# How to upload to spotify (and youtube) without paying



## Ciochi (Jul 12, 2021)

I know Youtube isn't charging anything, but not, afaik, spotify. I've a bunch of ambient tracks from which I'd like to get hits and plays on the two platforms (and maybe selling some compilation through other channels), intendend for meditation, relax, study etc. How do I put these on spotify?


----------



## FlyingAndi (Jul 12, 2021)

See this thread. @CGR and I recommend Soundrop which doesn't cost you anything. They take a share of your royalties though.

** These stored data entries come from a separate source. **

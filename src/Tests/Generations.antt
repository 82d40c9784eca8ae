-- ===== src/Tests/Generations.antt =====
-- The contract of the controller at a generation with one task.
use metering.AgentProtocol.Evaluations.{
  decode_observer_evaluation, decode_candidate_run, decode_forecast, decode_forecast_outcomes,
  decode_outcomes, decode_task, decode_evaluator_result, task_json,
}
use metering.AgentProtocol.{
  require_object, require_exact_keys, item, require_schema_version, require_sha256,
  normalize_json_value, require_bool, finite_number, is_text, require_nonempty_array, probability,
  require_nonempty_string, canonical_digest, canonical_json, get_is_text, require_utf8,
  require_same_json,
}
use metering.Prelude.{
  subset, any_char, sort_by, contains, filter, any, insert, starts_with_slash, split_slash,
  join_slash, has_duplicate,
}
use metering.Runtime.{keys, get, items, array, traverse, equals}
use metering.Runtime.Dict.{put, find}
use metering.Information.Measures.{self_information}
use metering.Information.{validated_base, validated_probability}
use metering.Selection.Gate.{
  select_task_reports, compare_reports, decide, decode_policy, decode_selection_request,
  evidence_document, policy_json, positive_count, selection_json,
}
use metering.Selection.Reports.{
  verify_task_report, case_ids, cases_fields, passed_cases, safety_failed_cases, selection_evidence,
  verify_forecast_measurement, verify_mean, verify_report_fields, verify_surprisal,
  verify_task_case, verify_task_cases, verify_task_summary,
}
use metering.Selection.{
  exact_probability, number_as_float, at_least, difference, eq_int, exact_is, exceeds_one,
  finite_exact, get_is_count, is_count, is_negative, is_null, nonnegative_number,
  normalize_decimals, same_number,
}
use metering.Controller.Generations.{
  validate_agent_generation_receipt, check_envelope, is_version, get_or_null, decode_lineage,
  replay_lineage, same_candidate, replay_selection, selection_request_json, as_object, replay_cases,
  is_nonempty_text,
}
use metering.Controller.Reports.{
  require_dict, get_equals, report_case, report_cases, validated_report_cases, same_texts,
  passed_reports, unsafe_reports, require_length, report_case_json,
}
use metering.AgentProtocol.Artifact.{
  decode_candidate, decode_agent_artifact, artifact_digest, is_normalized_path, candidate_json,
  candidate_record, decode_files, normalized_path, artifact_json, file_json,
}
use metering.Controller.Traces.{
  same_task, decode_trace, check_run, check_identities, results_from, has_exactly, evaluated_case,
  matches_forecast, check_report, check_trace, check_traces,
}
use metering.Prelude.{ℕ, ◌≡◌, refl, Bool, true, false, [], ◌∷◌, if◌then◌else◌, String, str_eq}
use metering.Prelude.Int.{pos}
use metering.Runtime.{ok, Json, null, bool, int, str, arr, obj, Platform, Fields, end, field}
use metering.AgentProtocol.Artifact.{Candidate, default, skill}
use metering.Controller.Reports.{ReportEvidence}
use metering.Controller.Generations.{Generation}
use metering.Controller.Accepted.{IsGeneration, validate_agent_generation_receipt-IsGeneration}
use metering.Tests.Samples.{toy, digest, other_digest}
use metering.Tests.Decoders.{forecast_document}
use metering.Tests.Selections.{toy_decimals, report_document, policy_document, promotion}

abbrev first_text : Json ℕ → String
first_text (obj (field k (obj (field j (str s) d)) e)) = s
first_text other = "{}"

-- The sample platform, with a digest that tells a skill from the other documents.
abbrev telling : Platform
telling = record toy {
  dumps = λ v. ok (first_text v);
  sha256 = λ s. if str_eq s "agent-skill-v1" then other_digest else digest;
}

abbrev default_document : Json ℕ
default_document = obj (field "artifact_schema" (str "agent-default-v1") end)

abbrev skill_document : Json ℕ
skill_document = obj (
    field "artifact_schema" (str "agent-skill-v1") (
      field "files"
        (arr (
          array (
            obj (
              field "content" (str "text")
                (field "executable" (bool false) (field "path" (str "SKILL.md") end)))
            ∷ [])))
        end))

abbrev artifact_of : String → Json ℕ → Json ℕ
artifact_of id artifact = obj (field "artifact" artifact (field "candidate_id" (str id) end))

abbrev verdict_document : String → Bool → Json ℕ
verdict_document id passed = obj (
    field "candidate_id" (str id) (
      field "evidence" null (
        field "outcome" (str "yes")
          (field "passed" (bool passed) (field "safety_passed" (bool true) end)))))

abbrev observed_document : Json ℕ
observed_document = obj (
    field "case_id" (str "case") (
      field "evaluation" (str "first") (
        field "evaluator_id" (str digest) (
          field "results"
            (arr (array (verdict_document digest false ∷ verdict_document other_digest true ∷ [])))
            (field "schema_version" (int (pos 2)) end)))))

abbrev task_document : Json ℕ
task_document = obj (field "case_id" (str "case") (field "input" null end))

abbrev run_of : String → Json ℕ
run_of id = obj (
    field "candidate_id" (str id) (
      field "forecast" forecast_document (
        field "runner" (obj (field "adapter_id" (str digest) (field "submission" null end)))
          (field "schema_version" (int (pos 2)) (field "task" task_document end)))))

abbrev trace_document : Json ℕ
trace_document = obj (
    field "challenger_run" (run_of other_digest) (
      field "incumbent_run" (run_of digest)
        (field "observer_evaluation" observed_document (field "task" task_document end))))

abbrev component_document : Json ℕ
component_document = obj (field "command" (arr (array (str "run" ∷ []))) end)

abbrev generation_request : Fields ℕ
generation_request = field "evaluation" (str "first") (
    field "evaluator" component_document (
      field "mutation_request" (obj (field "parent_artifact" default_document end)) (
        field "runner" component_document (
          field "selection_policy" policy_document
            (field "tasks" (arr (array (task_document ∷ []))) end)))))

abbrev mutation_document : Json ℕ
mutation_document = obj (
    field "child" (artifact_of other_digest skill_document) (
      field "mutation" (obj (field "proposal_id" (str digest) end))
        (field "parent" (artifact_of digest default_document) end)))

abbrev generation_result : Fields ℕ
generation_result = field "cases" (arr (array (trace_document ∷ []))) (
    field "challenger_report" (report_document other_digest true) (
      field "evaluation" (str "first") (
        field "incumbent_report" (report_document digest false) (
          field "mutation" mutation_document (
            field "next_parent" (artifact_of other_digest skill_document) (
              field "schema_version" (int (pos 2))
                (field "selection" (obj (field "selected" (str other_digest) end)) end)))))))

abbrev parent : Candidate
parent = record { artifact = default; candidate_id = digest }

abbrev child : Candidate
child = record {
  artifact = skill (record { content = "text"; executable = false; path = "SKILL.md" } ∷ []);
  candidate_id = other_digest;
}

abbrev evidence_of : Bool → ReportEvidence ℕ
evidence_of passed = record {
  cases =
      (
        record {
          case_id = "case";
          evidence = null;
          outcome = "yes";
          passed = passed;
          safety_passed = true;
        },
        1,
      )
      ∷ [];
  case_count = 1;
  passed_count = if passed then 1 else 0;
  safety_failures = 0;
}

abbrev generation : Generation ℕ
generation = record {
  child = child;
  child_evidence = evidence_of true;
  next_parent = child;
  parent = parent;
  parent_evidence = evidence_of false;
  proposal_id = digest;
  selection = promotion;
}

accepted :
    validate_agent_generation_receipt telling toy_decimals generation_request generation_result
    ≡ ok generation
unfolding decode_observer_evaluation require_object require_exact_keys subset keys item get
    require_schema_version items array traverse require_sha256 any_char normalize_json_value
    require_bool sort_by decode_candidate_run finite_number is_text require_nonempty_array
    probability decode_forecast decode_forecast_outcomes decode_outcomes decode_task
    require_nonempty_string contains filter put find decode_evaluator_result self_information
    validated_base validated_probability any insert select_task_reports verify_task_report
    exact_probability number_as_float canonical_digest canonical_json compare_reports decide
    decode_policy decode_selection_request evidence_document policy_json positive_count case_ids
    cases_fields passed_cases safety_failed_cases selection_evidence verify_forecast_measurement
    verify_mean verify_report_fields verify_surprisal verify_task_case verify_task_cases
    verify_task_summary at_least difference eq_int exact_is exceeds_one finite_exact get_is_count
    is_count is_negative is_null nonnegative_number normalize_decimals same_number
    validate_agent_generation_receipt equals require_dict decode_candidate decode_agent_artifact
    get_is_text artifact_digest is_normalized_path starts_with_slash split_slash join_slash
    require_utf8 candidate_json check_envelope is_version get_or_null decode_lineage replay_lineage
    same_candidate replay_selection selection_request_json as_object replay_cases is_nonempty_text
    get_equals report_case report_cases validated_report_cases same_texts passed_reports
    unsafe_reports require_length same_task decode_trace check_run check_identities results_from
    has_exactly evaluated_case matches_forecast check_report check_trace check_traces
    report_case_json task_json candidate_record require_same_json decode_files normalized_path
    has_duplicate selection_json artifact_json file_json
accepted = refl

validate_agent_generation_receipt-IsGeneration_example :
    IsGeneration telling toy_decimals generation_request generation_result generation
validate_agent_generation_receipt-IsGeneration_example =
    validate_agent_generation_receipt-IsGeneration telling toy_decimals generation_request
      generation_result generation accepted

Digital distributors - recommendations ?


Hi. I'm looking for a digital distributor that would take care of everything, answer possible queries, and not rip me off when I'm not watching them closely. I'm currently hesitating between CD Baby and Distrokid. Do you recommend any of these? Do you have other recommendations? Thanks.




vi-control.net


----------



## Ciochi (Jul 12, 2021)

FlyingAndi said:


> See this thread. @CGR and I recommend Soundrop which doesn't cost you anything. They take a share of your royalties though.
> 
> 
> 
> ...


There is something I don't get. Suppose I choose one of those, for example Soundrop. Could I then upload the same songs on YT on a channel of mine?


----------



## FlyingAndi (Jul 12, 2021)

When Soundrop uploads the music to YouTube Music, it uploads it to a topic channel, e.g.

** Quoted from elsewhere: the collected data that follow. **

-- ===== src/Tests/Starts.antt =====
-- The theorems about the planner at a search of one candidate.
use metering.Prelude.{inr, none, ◌≡◌, refl, ◌++◌, ℕ, true, false, [], ◌∷◌}
use metering.Runtime.{ok, get}
use metering.Runtime.Dict.{find}
use metering.AgentProtocol.{item, require_utf8}
use metering.Population.Types.{development, head_id}
use metering.Population.State.{empty_state}
use metering.Population.Evidence.{within}
use metering.Driver.Types.{
  Context, start_round, stop, final_evidence_sealed, controller_timeout_seconds,
}
use metering.Driver.Costs.{total_cost, exceeds}
use metering.Driver.Planner.{
  plan, plan_pending, action_of, stop_status, stop_status_at, limit_status, resource_limit_status,
  final_phase_started, has_final_experiment, state_reaches_development_goal,
}
use metering.Driver.Rounds.{CanStart, plan-start_round, plan-CanStart, round_within_limit}
use metering.Driver.Final.{plan-HasFinalWork}
use metering.Tests.Samples.{toy, scored_run, digest, costs}
use metering.Tests.Ledgers.{
  with_candidate, with_run, with_final, final_run_entry, final_experiment, sealed_by_run,
}

abbrev pub context : Context ℕ
context = record {
  config = record {
    evaluator_timeout = 5;
    evidence_timeout = 5;
    experiment = record {
      behavior_space = "tested" ∷ [];
      budget = costs 5;
      case_count = 1;
      evaluator_id = digest;
      information_objective = false;
      role = development;
      runtime_id = digest;
      task_set_id = digest;
    };
    experiment_id = digest;
    limits = record {
      max_proposal_calls = 3;
      max_rounds = 2;
      max_total_candidate_cost = costs 40;
      max_wall_seconds = 1000;
    };
    proposer_timeout = 5;
    runner_timeout = 5;
    stopping = none;
    task_count = 1;
  };
  expected_parent_id = digest;
  last_population_head = digest;
  pending = none;
  population = with_candidate;
  proposal_calls = 1;
  reserved_wall_seconds = 100;
  round_count = 1;
}

started : plan context true ≡ ok start_round
unfolding plan plan_pending action_of stop_status stop_status_at limit_status resource_limit_status
    final_phase_started has_final_experiment state_reaches_development_goal total_cost exceeds
    head_id item get require_utf8 controller_timeout_seconds empty_state find
started = refl

plan-start_round_example : CanStart context
plan-start_round_example = plan-start_round context true started

plan-CanStart_example : plan context false ≡ ok start_round
plan-CanStart_example = plan-CanStart context false (plan-start_round context true started)

round_within_limit_example :
    within
      (total_cost
        (context.population.runs ++ scored_run ∷ scored_run ∷ [])
        context.config.experiment_id)
      context.config.limits.max_total_candidate_cost
    ≡ true
unfolding within
round_within_limit_example = round_within_limit context true scored_run scored_run started refl refl

-- The same search after the run of a final experiment.
abbrev final_context : Context ℕ
final_context = record context { population = with_run }

plan-HasFinalWork_example : plan final_context true ≡ ok (stop final_evidence_sealed)
unfolding find
plan-HasFinalWork_example =
    plan-HasFinalWork toy with_final (final_run_entry ∷ []) 3 final_context true
      (inr (digest, final_experiment, refl, refl)) sealed_by_run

If you have an official artist channel and the names match, it should get uploaded into that artist channel, see https://support.soundrop.com/hc/en-...How-Does-YouTube-Music-Work-I-have-questions-

If you don't want either of these to happen you can choose not to distribute to YouTube Music during the process.


----------



## Ciochi (Jul 12, 2021)

FlyingAndi said:


> When Soundrop uploads the music to YouTube Music, it uploads it to a topic channel, e.g.
> 
> 
> If you have an official artist channel and the names match, it should get uploaded into that artist channel, see https://support.soundrop.com/hc/en-...How-Does-YouTube-Music-Work-I-have-questions-
> ...



Well I could use their YouTube music service along with mine. I have those ambient tracks with which I'd like to make some infinite hours video with ocean waves, fireplace sounds etc, like those that are already on YT. I could go just via YT, but why limiting the views just to that platform? People uses Spotify too.


----------



## GtrString (Jul 12, 2021)

Spotify doesn’t charge anything, but the aggregator you need to use will want something for the use of their systems, administration, support ect.

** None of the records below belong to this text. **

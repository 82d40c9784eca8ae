-- ===== src/Tests/Rounds.antt =====
-- The driver at a search of one candidate: a round that starts, a retry, an interrupted adapter, and an
-- ingestion that is repeated.
use metering.Prelude.{
  ℕ, ◌≡◌, refl, ap, arith, true, false, none, some, List, [], ◌∷◌, ltb, String, subset,
}
use metering.Runtime.{
  Result, ok, raise, ◌>>=◌, driver_error, str, arr, items, array, Fields, get, keys,
}
use metering.Runtime.Dict.{find}
use metering.AgentProtocol.{item, is_text, require_utf8, canonical_digest, canonical_json}
use metering.Runtime.{equals}
use metering.Runtime.Dict.{find}
use metering.Population.Types.{head_id, PopulationState}
use metering.Population.State.{empty_state}
use metering.Driver.Types.{
  Context, start_round, controller_pending, controller_complete, controller_timeout_seconds,
}
use metering.Driver.Costs.{total_cost, exceeds}
use metering.Driver.Planner.{
  plan, plan_pending, action_of, stop_status, stop_status_at, limit_status, resource_limit_status,
  final_phase_started, has_final_experiment, state_reaches_development_goal,
}
use metering.Driver.Attempts.{
  Attempt, attempt_identity, attempt_json, new_attempt, validate_attempts,
}
use metering.Driver.Attempts.Appended.{validate_attempts-new_attempt}
use metering.Driver.Reservations.{
  Reserved, PendingRound, reserve, attempts_wall, verify_reserved, evidence_writes, start_pending,
}
use metering.Driver.Budget.{DriverCosts, Step, Reachable, IsWithin}
use metering.Driver.Budget.Within.{Reachable-IsWithin}
use metering.Driver.Interrupted.{interrupted_adapter_refused}
use metering.Driver.Ingestion.{
  on_population_error, Population, Ensured, ensure_population_record, ensure_at, last_record,
}
use metering.Driver.Ingestion.Repeated.{ensure_population_record_idempotent}
use metering.Controller.Generations.{is_nonempty_text}
use metering.Tests.Samples.{toy, digest, candidate_document}
use metering.Tests.Ledgers.{
  header, ledger, empty_population, candidate_entry, with_candidate, appended,
}
use metering.Tests.Starts.{context}

abbrev fresh_context : Context ℕ
fresh_context = record context { proposal_calls = 0; reserved_wall_seconds = 0 }

abbrev attempt_at : ℕ → String → Attempt ℕ
attempt_at ordinal reason = record {
  attempt_id = digest;
  ordinal = ordinal;
  reason = str reason;
  retry = ltb 1 ordinal;
  wall_reservation_seconds = 100;
}

abbrev first_attempt : Attempt ℕ
first_attempt = attempt_at 1 "initial bounded round attempt"

abbrev nothing_reserved : Reserved
nothing_reserved = record { proposal_calls = 0; reserved_wall_seconds = 0 }

abbrev first_pending : PendingRound ℕ
first_pending = record {
  attempts = first_attempt ∷ [];
  evidence_attempts = 0;
  evidence_wall_reservation_seconds = 5;
  intent_id = "intent";
  stage = controller_pending;
}

abbrev begun : DriverCosts ℕ
begun = record { settled = nothing_reserved; pending = some first_pending }

planned : plan fresh_context true ≡ ok start_round
unfolding plan plan_pending action_of stop_status stop_status_at limit_status resource_limit_status
    final_phase_started has_final_experiment state_reaches_development_goal total_cost exceeds
    head_id item get require_utf8 controller_timeout_seconds empty_state find
planned = refl

made : start_pending toy fresh_context.config "intent" ≡ ok first_pending
unfolding start_pending new_attempt attempt_identity canonical_digest canonical_json
    controller_timeout_seconds
made = refl

began : Reachable toy fresh_context.config begun
began =
    Reachable.then_step (record { settled = nothing_reserved; pending = none }) begun
      Reachable.initial
      (Step.started fresh_context true nothing_reserved "intent" first_pending refl refl refl
        planned made)

Reachable-IsWithin_example : IsWithin toy fresh_context.config begun
Reachable-IsWithin_example = Reachable-IsWithin toy fresh_context.config begun began

accepted_attempts :
    validate_attempts toy "intent" 100 (arr (array (attempt_json first_attempt ∷ [])))
    ≡ ok (first_attempt ∷ [])
unfolding validate_attempts array attempt_json subset keys get item is_nonempty_text equals
    canonical_digest is_text items
accepted_attempts = refl

remade : new_attempt toy "intent" 2 "again" 100 ≡ ok (attempt_at 2 "again")
unfolding new_attempt attempt_identity canonical_digest canonical_json
remade = refl

validate_attempts-new_attempt_example :
    validate_attempts toy "intent" 100
      (arr (array (attempt_json first_attempt ∷ attempt_json (attempt_at 2 "again") ∷ [])))
    ≡ ok (first_attempt ∷ attempt_at 2 "again" ∷ [])
validate_attempts-new_attempt_example =
    validate_attempts-new_attempt toy "intent" 100 (attempt_json first_attempt ∷ [])
      (first_attempt ∷ []) "again" (attempt_at 2 "again") refl accepted_attempts remade

-- The adapter has run once.
abbrev adapted_once : PendingRound ℕ
adapted_once = record first_pending { evidence_attempts = 1; stage = controller_complete }

abbrev extended : PendingRound ℕ
extended = record adapted_once { evidence_wall_reservation_seconds = 10 }

abbrev reserved_once : Reserved
reserved_once = record { proposal_calls = 1; reserved_wall_seconds = 105 }

verified_once : verify_reserved 5 nothing_reserved adapted_once ≡ ok reserved_once
unfolding verify_reserved reserve attempts_wall
verified_once = refl

written_twice :
    evidence_writes fresh_context.config reserved_once adapted_once
    ≡ extended ∷ record extended { evidence_attempts = 2 } ∷ []
unfolding evidence_writes
written_twice = refl

interrupted_adapter_refused_example :
    verify_reserved 5 nothing_reserved extended ≡ raise driver_error
interrupted_adapter_refused_example =
    interrupted_adapter_refused fresh_context.config nothing_reserved reserved_once adapted_once
      extended (record extended { evidence_attempts = 2 }) (omega arith) verified_once written_twice

abbrev ingested : Ensured ℕ
ingested = record {
  record_fields = candidate_entry;
  next_sequence = 2;
  population = record { ledger = ledger; state = with_candidate };
}

abbrev before : Population ℕ
before = record { ledger = header ∷ []; state = empty_population }

ingests : ensure_population_record toy before true 1 "candidate" candidate_document ≡ ok ingested
unfolding ensure_population_record ensure_at last_record empty_state
ingests =
    ap
      (λ (m : Result (PopulationState ℕ × List (Fields ℕ))). on_population_error m >>= (λ a.
        last_record toy a.0.records >>= (λ r. ok (record {
          record_fields = r;
          next_sequence = 2;
          population = record { ledger = a.1; state = a.0 };
        }))))
      appended

dumped : canonical_json toy candidate_document ≡ ok "{}"
unfolding canonical_json
dumped = refl

ensure_population_record_idempotent_example :
    ensure_population_record toy ingested.population false 1 "candidate" candidate_document
    ≡ ok ingested
ensure_population_record_idempotent_example =
    ensure_population_record_idempotent toy before true false 1 "candidate" candidate_document "{}"
      ingested dumped ingests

There are tons of these companies, so you will have to google some of them, and decide on one based on your needs, location ect.


----------



## AdamKmusic (Jul 13, 2021)

I use routenote, they offer free releases on digital stores & you keep 80% of royalties which is fine as, at least for me, my royalties from streaming are a big fat 0


----------



## PeterBaumann (Jul 13, 2021)

I went with Routenote too and have released a couple of soundtrack albums with them. Overall very happy and didn't cost me a penny to do.


----------



## Chamberfield (Jul 13, 2021)

Curious what about what the main differences are between a free service like Routenote and something more established like CDBaby?

As a new artist who hardly gets any listens, I'm starting to realize how ridiculous it is to pay for distribution when the ROI is so small.


----------



## PeterBaumann (Jul 13, 2021)

Chamberfield said:


> As a new artist who hardly gets any listens, I'm starting to realize how ridiculous it is to pay for distribution when the ROI is so small.


That was my dilemma originally. I think I went with Routenote originally because their cut was lower than others on the free tier, but not sure how that holds up nowadays. If you don't already have a following, I'd suggest going with the free distribution with a cut. 

If you find you've hit a niche in streaming or have a decent following, great, you get some money for your free release and know for next time to go for a paid option. If you release on a free tier and very few people find it, you've not lost anything.


----------



## Chamberfield (Jul 13, 2021)

PeterBaumann said:


> If you release on a free tier and very few people find it, you've not lost anything.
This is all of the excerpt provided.